Dataset entries:
• • •
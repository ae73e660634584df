-- ===== src/Gateway/Auth.antt =====
-- Routing and authorisation of a request: `handleDevice` and `authorize`.
pub mod Laws
pub mod Served
use Prim.Native.Char.{Char, code}
use praetor.Base.{
  Bool, true, false, not, ◌&&◌, ◌||◌, ◌≡◌, List, [], ◌∷◌, String, ◌==◌, eqb, if◌then◌else◌,
  trim_space, trim_prefix, before, split,
}
use praetor.Base.Text.{trim}
use praetor.Gateway.Types.{Config}
use praetor.Gateway.Env.{Env}

abbrev pub is_slash : Char → Bool
is_slash c = eqb (code c) b'/'

pub data Route : Type 0 where
  not_found method_not_allowed unauthorized : Route
  desired report connect : (device : String) → Route

-- The device that the token is checked for.
unfoldable pub token_device : String → String
unfolding trim_prefix before
token_device path = before b'/' (trim_prefix "v1/devices/" (trim_prefix "/" path))

-- strings.Split(strings.Trim(path, "/"), "/")
unfoldable pub path_parts : String → List String
unfolding split
path_parts path = split b'/' (trim is_slash path)

unfoldable pub dispatch : String → String → String → Route
dispatch device action method =
    if action == "desired"
    then (if method == "GET" then desired device else method_not_allowed)
    else if action == "report"
    then (if method == "POST" then report device else method_not_allowed)
    else if action == "connect"
    then (if method == "POST" then connect device else method_not_allowed)
    else not_found

module _ {W : Type 0} (env : Env W) (cfg : Config) where
  unfoldable pub compute_device_token : String → String → String
  compute_device_token secret device = env.hmac_sha256_hex secret device

  -- The test of the per-device token.
  unfoldable pub has_device_token : String → String → Bool
  unfolding token_device compute_device_token
  has_device_token path header =
      not (cfg.auth_secret == "")
      && not (token_device path == "")
      && header == compute_device_token cfg.auth_secret (token_device path)

  unfoldable pub authorize : String → String → Bool
  unfolding has_device_token trim_space
  authorize path raw_header =
      let header = trim_space raw_header in
      if has_device_token path header
      then true
      else if cfg.auth_token == ""
      then true
      else header == cfg.auth_token

  -- `handleDevice` up to the call of the handler: path, method and token header of the request.
  unfoldable pub route_parts : String → String → String → List String → Route
  unfolding authorize dispatch
  route_parts path method header (_ ∷ _ ∷ device ∷ action ∷ _) =
      if authorize path header then dispatch device action method else unauthorized
  route_parts path method header _ = not_found

  unfoldable pub handle_device : String → String → String → Route
  unfolding route_parts path_parts
  handle_device path method header = route_parts path method header (path_parts path)
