-- ===== src/Gateway/Auth/Laws.antt =====
-- Who may speak for a device, and which request reaches which handler.
use Prim.Native.Char.{Char, code}
use Prim.Native.String
use Prim.Native.String.{[], ◌∷◌}
use mathlib.Core.List.{[], ◌∷◌}
use text.Mathlib.TextLemmas.{nil-append, cons-append, append_assoc, append-nil}
use praetor.Base.{
  ◌≡◌, refl, sym, ap, ◌∙◌, ◌≢◌, ◌↔◌, ◌⊎◌, inl, inr, true, List, String, eq_iff, arith, Bool-cases,
  if◌then◌else◌, trim_space, before, split, trim_prefix, eqb,
}
use praetor.Base.Text.{trim, trim_left, trim_right, split_from, keep_unless}
use praetor.Gateway.Types.{Config}
use praetor.Gateway.Env.{Env}
use praetor.Gateway.Auth.{
  is_slash, unauthorized, token_device, path_parts, dispatch, has_device_token, authorize,
  route_parts, handle_device,
}

module _ {W : Type 0} (env : Env W) (cfg : Config) where
  -- A request is authorised exactly where it has the token of its device, where no shared token is
  -- configured, or where it has the shared token.
  pub authorize_iff :
      (path header : String)
      → (authorize env cfg path header ≡ true) ↔ (
          (has_device_token env cfg path (trim_space header) ≡ true)
          ⊎ ((cfg.auth_token ≡ "") ⊎ (trim_space header ≡ cfg.auth_token)))
  unfolding authorize
  authorize_iff path header =
      ground (arith, eq_iff cfg.auth_token "", eq_iff (trim_space header) cfg.auth_token)

  pub ne_unauthorized :
      (device action method : String) → dispatch device action method ≢ unauthorized
  unfolding dispatch
  ne_unauthorized device action method = ground arith

  route_unauthorized :
      (path method header : String) (parts : List String)
      → authorize env cfg path header ≡ true
      → route_parts env cfg path method header parts ≢ unauthorized
  unfolding route_parts
  route_unauthorized path method header (a ∷ b ∷ device ∷ action ∷ rest) h =
      rw (h, route_parts) (ne_unauthorized device action method)
  route_unauthorized path method header [] h = λ e. cc
  route_unauthorized path method header (a ∷ []) h = λ e. cc
  route_unauthorized path method header (a ∷ b ∷ []) h = λ e. cc
  route_unauthorized path method header (a ∷ b ∷ c ∷ []) h = λ e. cc

  -- Without a shared token no request is refused as unauthorised, also where a secret for device
  -- tokens is configured and the request has a wrong token or none.
  pub open_without_shared_token :
      (path method header : String)
      → cfg.auth_token ≡ ""
      → handle_device env cfg path method header ≢ unauthorized
  unfolding handle_device
  open_without_shared_token path method header h =
      route_unauthorized path method header (path_parts path)
        ((authorize_iff path header).1 (inr (inl h)))

before-keep_unless :
    (c : Char) (t : String)
    → before b'/' (keep_unless is_slash c t)
      ≡ (if eqb (code c) b'/' then [] else String.◌∷◌ c (before b'/' t))
unfolding before
before-keep_unless c [] = elim (Bool-cases (is_slash c)) [
  | inl slash ↦ rw slash
  | inr other ↦ rw other (rw other)
]
before-keep_unless c (d ∷ t) = refl

-- The slashes at the end do not change what stands before the first slash.
before-trim_right : (s : String) → before b'/' (trim_right is_slash s) ≡ before b'/' s
unfolding before trim_right
before-trim_right [] = refl
before-trim_right (c ∷ s) =
    before-keep_unless c (trim_right is_slash s)
    ∙ ap (λ t. if eqb (code c) b'/' then [] else String.◌∷◌ c t) (before-trim_right s)

abbrev head_or : String → List String → String
head_or d [] = d
head_or d (x ∷ xs) = x

head-split_from :
    (cur s : String) → head_or "" (split_from b'/' cur s) ≡ String.◌++◌ cur (before b'/' s)
unfolding split_from before
head-split_from cur [] = sym (append-nil cur)
head-split_from cur (c ∷ s) = elim (Bool-cases (eqb (code c) b'/')) [
  | inl slash ↦ rw (slash, split_from) (sym (append-nil cur))
  | inr other ↦
      rw (other, split_from)
        (head-split_from (String.◌++◌ cur (c ∷ [])) s
          ∙ append_assoc cur (c ∷ []) (before b'/' s)
          ∙ ap (String.◌++◌ cur)
              (cons-append c [] (before b'/' s) ∙ ap (String.◌∷◌ c) (nil-append (before b'/' s))))
]

-- The path of the requests that the server hands to the gateway: /v1/devices/ and what follows.
abbrev pub devices_path : String → String
devices_path s = "/" ∷ "v" ∷ "1" ∷ "/" ∷ "d" ∷ "e" ∷ "v" ∷ "i" ∷ "c" ∷ "e" ∷ "s" ∷ "/" ∷ s

devices_path_text : devices_path "r1/report" ≡ "/v1/devices/r1/report"
devices_path_text = refl

trim-devices_path :
    (s : String) (d : Char) (t : String)
    → trim_right is_slash s ≡ d ∷ t
    → trim is_slash (devices_path s)
      ≡ "v" ∷ "1" ∷ "/" ∷ "d" ∷ "e" ∷ "v" ∷ "i" ∷ "c" ∷ "e" ∷ "s" ∷ "/" ∷ d ∷ t
unfolding trim_left trim_right
trim-devices_path s d t h = rw h refl

-- Only slashes follow.
trim-devices_path_alone :
    (s : String) → trim_right is_slash s ≡ [] → trim is_slash (devices_path s) ≡ "v1/devices"
unfolding trim_left trim_right
trim-devices_path_alone s h = rw h refl

abbrev rest_of : List String → List String
rest_of [] = []
rest_of (x ∷ xs) = xs

abbrev third : List String → String
third parts = head_or "" (rest_of (rest_of parts))

third-path_parts_of :
    (s t : String) → trim_right is_slash s ≡ t → third (path_parts (devices_path s)) ≡ before b'/' t
unfolding path_parts split split_from before
third-path_parts_of s [] h = ap (λ p. third (split b'/' p)) (trim-devices_path_alone s h)
third-path_parts_of s (d ∷ t) h =
    ap (λ p. third (split b'/' p)) (trim-devices_path s d t h)
    ∙ head-split_from "" (d ∷ t)
    ∙ nil-append (before b'/' (d ∷ t))

-- On a path below /v1/devices/, whatever follows, the device that the token is checked for is the third
-- part of the path, for which the request is served.
pub checked_device_is_served :
    (s a b device action : String) (rest : List String)
    → path_parts (devices_path s) ≡ a ∷ b ∷ device ∷ action ∷ rest
    → token_device (devices_path s) ≡ device
unfolding token_device trim_prefix
checked_device_is_served s a b device action rest e =
    sym (before-trim_right s)
    ∙ sym (third-path_parts_of s (trim_right is_slash s) refl)
    ∙ ap third e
• • •
TRY IT:
Among the entries above, the line containing "(c : Char) (t : String)", the line containing "t) (before-trim_right s)", and all lines between them are to be restated word for word; nothing else belongs in the reply.

ANSWER SPACE:
    (c : Char) (t : String)
    → before b'/' (keep_unless is_slash c t)
      ≡ (if eqb (code c) b'/' then [] else String.◌∷◌ c (before b'/' t))
unfolding before
before-keep_unless c [] = elim (Bool-cases (is_slash c)) [
  | inl slash ↦ rw slash
  | inr other ↦ rw other (rw other)
]
before-keep_unless c (d ∷ t) = refl

-- The slashes at the end do not change what stands before the first slash.
before-trim_right : (s : String) → before b'/' (trim_right is_slash s) ≡ before b'/' s
unfolding before trim_right
before-trim_right [] = refl
before-trim_right (c ∷ s) =
    before-keep_unless c (trim_right is_slash s)
    ∙ ap (λ t. if eqb (code c) b'/' then [] else String.◌∷◌ c t) (before-trim_right s)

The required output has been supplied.